The Native Americans celebrated with oysters & # 39; colossals & # 39; more than seven inches long
About 2,000 years ago, Native Americans living in the Gulf of Mexico delighted with oysters & # 39; colossals & # 39 ;, some of which were more than seven inches long.
The finding is based on shells collected from former & # 39; garbage dumps & # 39 ;, or mounds, in Crystal River, Florida, USA. UU., Where the natives threw fish remains from the year 50 to 1050 AD. C.
American researchers say that the average body size of today's oysters is only two-thirds the size of these huge ancient ancestors.
While today's oyster shells reach heights of around 4.7 inches, "colossal" oysters that reached average heights of 7.4 inches no longer remain.
The reason for the decrease in size is unknown, but researchers warn that a decrease in size in other fisheries has previously been a warning sign of population collapse.
Modern oyster shells (left) compared to smaller and larger prehistoric shells (right) and a quarter of US. UU.
Crystal River feeds the Gulf of Mexico, which is home to the world's largest wild oyster fisheries.
Most of the oyster reefs in the world have been lost in the last 200 years and almost a third of those that remain are functionally extinct, they no longer play a role in their ecosystem.
The larger the oysters, the more likely they are to overcome the destructive processes caused by humans, such as sea level rise.
Oysters also benefit the wider ecosystem by filtering water and stabilizing the coasts, preventing them from collapsing in storms.
"Oysters in the Gulf of Mexico are getting smaller, even in areas that are considered relatively" virgin, "said lead study author Stephen Hesterberg, a PhD student in anthropology at the University of South Florida.
‘Size is one of the most important attributes of an oyster, which affects the amount of water it filters per day.
"They also affect the ability of oyster reefs to protect the coasts of storm surge and create habitat for other commercially important fisheries."
A comparison between the prehistoric oyster (left) and the modern oyster shell.
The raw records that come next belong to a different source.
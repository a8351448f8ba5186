-- ===== src/Bitefficient/RoundTrip/Texts.antt =====
-- Words and strings are read back.
use multiagent_fipa_acl.Base.{
  nat_beq, Bool-cases, nat_eq, Text, text_eq, ℕ, ◌≡◌, refl, sym, ◌∙◌, subst, ◌≢◌, ◌⊎◌, inl, inr,
  true, false, [], ◌∷◌, ◌++◌, append_assoc, arith,
}
use multiagent_fipa_acl.Bitefficient.Qi.{HeadNot, Qi, matched, failed}
use multiagent_fipa_acl.Bitefficient.Reads.{lead-failed, Reads, lead, close}
use multiagent_fipa_acl.Bitefficient.Format
use multiagent_fipa_acl.Bitefficient.Grammar.{
  char, literal_char, word_exceptions_general, any_char, word,
}
use multiagent_fipa_acl.Bitefficient.Grammar.Expressions.{bin_string, bin_expression, bin_word}
use multiagent_fipa_acl.Bitefficient.RoundTrip.{is_quotable, is_word_char, is_word, all_of}

module _ (qi : Qi) where
  no_exception :
      (c : ℕ) (s : Text) → is_word_char c ≡ true → word_exceptions_general qi (c ∷ s) ≡ failed
  no_exception c s h =
      qi.alt-failed (qi.ascii-failed _ c s (ground arith))
      ∙ qi.alt-failed (qi.ascii-failed _ c s (ground arith))
      ∙ qi.ascii-failed _ c s (ground arith)

  word_char_read :
      (c : ℕ) (s : Text)
      → is_word_char c ≡ true
      → qi.minus (any_char qi) (word_exceptions_general qi) (c ∷ s) ≡ matched c s
  word_char_read c s h =
      qi.minus-matched (no_exception c s h) ∙ qi.ascii-matched _ c s (ground arith) refl

  word_chars_read :
      (w rest : Text)
      → all_of is_word_char w ≡ true
      → qi.star (qi.minus (any_char qi) (word_exceptions_general qi)) (w ++ 0 ∷ rest)
        ≡ matched w (0 ∷ rest)
  word_chars_read [] rest h =
      qi.star-failed
        (qi.minus-failed (qi.alt-matched (qi.ascii-matched _ 0 rest (omega arith) refl)))
  word_chars_read (c ∷ w) rest h =
      qi.star-matched (omega arith) (word_char_read c (w ++ 0 ∷ rest) (ground arith))
        (word_chars_read w rest (ground arith))

  word_read : (w rest : Text) → is_word w ≡ true → word qi (w ++ 0 ∷ rest) ≡ matched w (0 ∷ rest)
  unfolding is_word
  word_read [] rest h = cc
  word_read (c ∷ w) rest h =
      qi.act-matched
        (qi.seq-matched
          (qi.minus-matched (
              qi.alt-failed (no_exception c (w ++ 0 ∷ rest) (ground arith))
              ∙ qi.alt-failed (qi.ascii-failed _ c _ (ground arith))
              ∙ qi.alt-failed (qi.ascii-failed _ c _ (ground arith))
              ∙ qi.alt-failed (qi.ascii-failed _ c _ (ground arith))
              ∙ qi.ascii-failed _ c _ (ground arith))
            ∙ qi.ascii-matched _ c (w ++ 0 ∷ rest) (ground arith) refl)
          (word_chars_read w rest (ground arith)))
        refl

  -- A word is read back.
  pub Reads-bin_word :
      (w : Text) → is_word w ≡ true → Reads (bin_word qi) (Format.bin_word false w) w
  Reads-bin_word w h = record {
    text = 0x10 ∷ w ++ 0x00 ∷ [];
    written = refl;
    read = λ rest. qi.alt-matched (
        subst (λ s. close qi (lead qi 0x10 (word qi)) 0x00 (0x10 ∷ s) ≡ matched w rest)
          (sym (append_assoc w (0 ∷ []) rest))
          (qi.act-matched
            (qi.seq-matched
              (qi.act-matched (qi.seq-matched (qi.byte-matched _ _) (word_read w rest h)) refl)
              (qi.byte-matched _ rest))
            refl));
    nonempty = omega arith;
  }

  not_quote : (s : Text) → HeadNot 34 s → char qi 34 s ≡ failed
  not_quote [] h = qi.ascii-end _
  not_quote (d ∷ s) h = qi.ascii-failed _ d s (ground arith)

  literal_char_read :
      (c : ℕ) (s : Text)
      → nat_beq 34 c ≡ false
      → (nat_beq 92 c ≡ false) ⊎ HeadNot 34 s
      → literal_char qi (c ∷ s) ≡ matched c s
  literal_char_read c s h k =
      qi.alt-failed (qi.act-failed (no_escape c s k))
      ∙ qi.minus-matched (qi.ascii-failed _ c s h)
      ∙ qi.any_byte-matched c s
    where
      no_escape :
          (c : ℕ) (s : Text)
          → (nat_beq 92 c ≡ false) ⊎ HeadNot 34 s
          → qi.seq (char qi 92) (char qi 34) (c ∷ s) ≡ failed
      no_escape c s (inl other) = qi.seq-failed (qi.ascii-failed _ c s other)
      no_escape c s (inr h) = elim (Bool-cases (nat_beq 92 c)) [
        | inl same ↦
            qi.seq-failed_later (qi.ascii-matched _ c s (ground arith) same) (not_quote s h)
        | inr other ↦ qi.seq-failed (qi.ascii-failed _ c s other)
      ]

  quotable_head : (d : ℕ) (s : Text) → is_quotable (d ∷ s) ≡ true → d ≢ 34
  unfolding is_quotable
  quotable_head d [] h = ground arith
  quotable_head d (e ∷ s) h = ground arith

  literal_read :
      (t rest : Text)
      → is_quotable t ≡ true
      → qi.star (literal_char qi) (t ++ 34 ∷ rest) ≡ matched t (34 ∷ rest)
  unfolding is_quotable
  literal_read [] rest h = qi.star-failed (
      qi.alt-failed (qi.act-failed (qi.seq-failed (qi.ascii-failed _ 34 rest refl)))
      ∙ qi.minus-failed (qi.ascii-matched _ 34 rest (omega arith) refl))
  literal_read (c ∷ []) rest h =
      qi.star-matched (omega arith)
        (literal_char_read c (34 ∷ rest) (ground arith) (inl (ground arith)))
        (literal_read [] rest refl)
  literal_read (c ∷ d ∷ t) rest h =
      qi.star-matched (omega arith)
        (literal_char_read c (d ∷ t ++ 34 ∷ rest) (ground arith)
          (inr (λ e. quotable_head d t (ground arith) (sym e))))
        (literal_read (d ∷ t) rest (ground arith))

  string_read :
      (t rest : Text)
      → is_quotable t ≡ true
      → bin_string qi ((0x14 ∷ 34 ∷ t ++ 34 ∷ 0 ∷ []) ++ rest)
        ≡ matched (record { encoding = []; bytes = t }) rest
  string_read t rest h =
      subst
        (λ s. bin_string qi (0x14 ∷ 34 ∷ s) ≡ matched (record { encoding = []; bytes = t }) rest)
        (sym (append_assoc t (34 ∷ 0 ∷ []) rest))
        (qi.alt-matched (
          qi.alt-matched (
            qi.act-matched
              (qi.seq-matched (qi.byte-matched _ _) (
                qi.alt-matched (
                  qi.act-matched
                    (qi.seq-matched
                      (qi.act-matched
                        (qi.seq-matched (qi.ascii-matched _ 34 _ (omega arith) refl) (
                          qi.seq-matched (literal_read t (0 ∷ rest) h)
                            (qi.ascii-matched _ 34 _ (omega arith) refl)))
                        refl)
                      (qi.byte-matched _ rest))
                    refl)))
              refl)))

  -- A string is read back.
  pub Reads-bin_string :
      (t : Text)
      → is_quotable t ≡ true
      → Reads (bin_string qi) (Format.bin_string false t) (record { encoding = []; bytes = t })
  Reads-bin_string t h = record {
    text = 0x14 ∷ 34 ∷ t ++ 34 ∷ 0 ∷ [];
    written = refl;
    read = λ rest. string_read t rest h;
    nonempty = omega arith;
  }

  -- A string is read back where the grammar takes any expression.
  pub Reads-bin_expression :
      (hex : Text → Text) (t : Text)
      → is_quotable t ≡ true
      → Reads (bin_expression qi hex) (Format.bin_expression false t 115) t
  Reads-bin_expression hex t h = record {
    text = 0x14 ∷ 34 ∷ t ++ 34 ∷ 0 ∷ [];
    written = refl;
    read = λ rest. qi.alt-matched (
        qi.alt-failed (
          qi.alt-failed (qi.act-failed (qi.seq-failed (lead-failed qi 0x10 (ground arith))))
          ∙ lead-failed qi 0x11 (ground arith))
        ∙ qi.alt-matched (qi.act-matched (string_read t rest h) refl));
    nonempty = omega arith;
  }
The largest prehistoric shells ranged from impressive 3.5 to 7.5 years, while today's larger oysters had an age range of 2.5 to 4.5 years.
The team studied the prehistoric oysters of two seven-mile-long archeological sites on the Crystal River where indigenous peoples occupied sites more than 2,000 years ago.
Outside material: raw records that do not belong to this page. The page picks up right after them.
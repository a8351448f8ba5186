-- ===== src/Bitefficient/RoundTrip/Parts.antt =====
-- Collections and parts that may be missing are read back.
use multiagent_fipa_acl.Base.{
  nat_eq, Text, text_eq, is_empty, Result, ok_injective, ok, err, ℕ, ◌≡◌, refl, sym, ap, subst, ◌≢◌,
  Bool, true, Option, none, some, List, [], ◌∷◌, ◌++◌, map, arith,
}
use multiagent_fipa_acl.Bitefficient.Qi.{Qi, Parser, HeadNot, matched}
use multiagent_fipa_acl.Bitefficient.Reads.{
  Runs-one, Runs-append, lead-failed, Runs-nil, Reads, Runs, ◌+++◌, lead,
}
use multiagent_fipa_acl.Bitefficient.Format.{each, unless_empty}
use multiagent_fipa_acl.Bitefficient.Grammar.Agents.{or_empty}
use multiagent_fipa_acl.Bitefficient.RoundTrip.{all_of}

-- A part that is written, led by a byte, if its list is not empty, and read by `-p`.
pub record Optional (qi : Qi) {B : Type 0} (c : ℕ) (p : Parser (List B)) (r : Result Text)
    (ys : List B) : Type 0 where
  pub text : Text
  pub written : r ≡ ok text
  pub found : Option (List B)
  pub agrees : or_empty found ≡ ys
  pub read :
      (rest : Text) → HeadNot c rest → qi.opt (lead qi c p) (text ++ rest) ≡ matched found rest
  pub head : (d : ℕ) (rest : Text) → d ≢ c → HeadNot d rest → HeadNot d (text ++ rest)

module _ (qi : Qi) {A B : Type 0} where
  pub Runs-each :
      (p : Parser B) (write : A → Result Text) (tree : A → B) (fits : A → Bool)
      → ((x : A) → fits x ≡ true → Reads p (write x) (tree x))
      → (xs : List A) → all_of fits xs ≡ true
      → Runs qi p (each write xs) (map tree xs)
  Runs-each p write tree fits h [] k = Runs-nil qi
  Runs-each p write tree fits h (x ∷ xs) k =
      Runs-append qi (Runs-one qi (h x (ground arith)))
        (Runs-each p write tree fits h xs (ground arith))

  pub Optional-list :
      (c : ℕ) (p : Parser (List B)) (xs : List A) (r : Result Text) (ys : List B)
      → ((is_empty xs ≡ true) → ys ≡ [])
      → Reads p r ys
      → Optional qi c p (unless_empty xs (ok (c ∷ []) +++ r)) ys
  Optional-list c p [] r ys h k = record {
    text = [];
    written = refl;
    found = none;
    agrees = sym (h refl);
    read = λ rest n. qi.opt-failed (lead-failed qi c n);
    head = λ d rest ne n. n;
  }
  Optional-list c p (x ∷ xs) r ys h k = record {
    text = c ∷ k.text;
    written = ap (ok (c ∷ []) +++◌) k.written;
    found = some ys;
    agrees = refl;
    read = λ rest n.
        qi.opt-matched (qi.act-matched (qi.seq-matched (qi.byte-matched c _) (k.read rest)) refl);
    head = λ d rest ne n. ne;
  }

-- A text that is written with a leading byte begins with it.
led_twice :
    (c : ℕ) (r s : Result Text) (t : Text)
    → ((ok (c ∷ []) +++ r) +++ s) ≡ ok t
    → (u : Text) × (t ≡ c ∷ u)
led_twice c (ok u) (ok v) t h = (u ++ v, cc)
led_twice c (ok u) (err e) t h = cc
led_twice c (err e) s t h = cc

pub each-head :
    {A : Type 0} (c d : ℕ) (write : A → Result Text) (xs : List A) (t rest : Text)
    → each (λ x. ok (c ∷ []) +++ write x) xs ≡ ok t
    → d ≢ c
    → HeadNot d rest
    → HeadNot d (t ++ rest)
each-head c d write [] t rest h ne n = subst (λ t. HeadNot d (t ++ rest)) (ok_injective h) n
each-head c d write (x ∷ xs) t rest h ne n =
    let (u, e) = led_twice c (write x) (each (λ x. ok (c ∷ []) +++ write x) xs) t h in
    subst (λ t. HeadNot d (t ++ rest)) (sym e) ne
The team used the analysis of oxygen isotopes in five of the old oyster shells recovered from the dumps and five modern oysters from the larger classes, to estimate growth patterns and maximum ages.
While both sets showed similar growth patterns in the first year, modern oysters had grown 35% and 38% less in their second and third years, respectively.
Excavation efforts take place near Crystal River Florida. the researchers took their garbage samples: archaeological mounds composed of shellfish shells and other ancient waste
The largest prehistoric shells ranged from impressive 3.5 to 7.5 years, while today's largest oysters had an age range of 2.5 to 4.5 years.
Its maximum lifespan of 3.5 years was also 12 months shorter than colossal oysters, says the team.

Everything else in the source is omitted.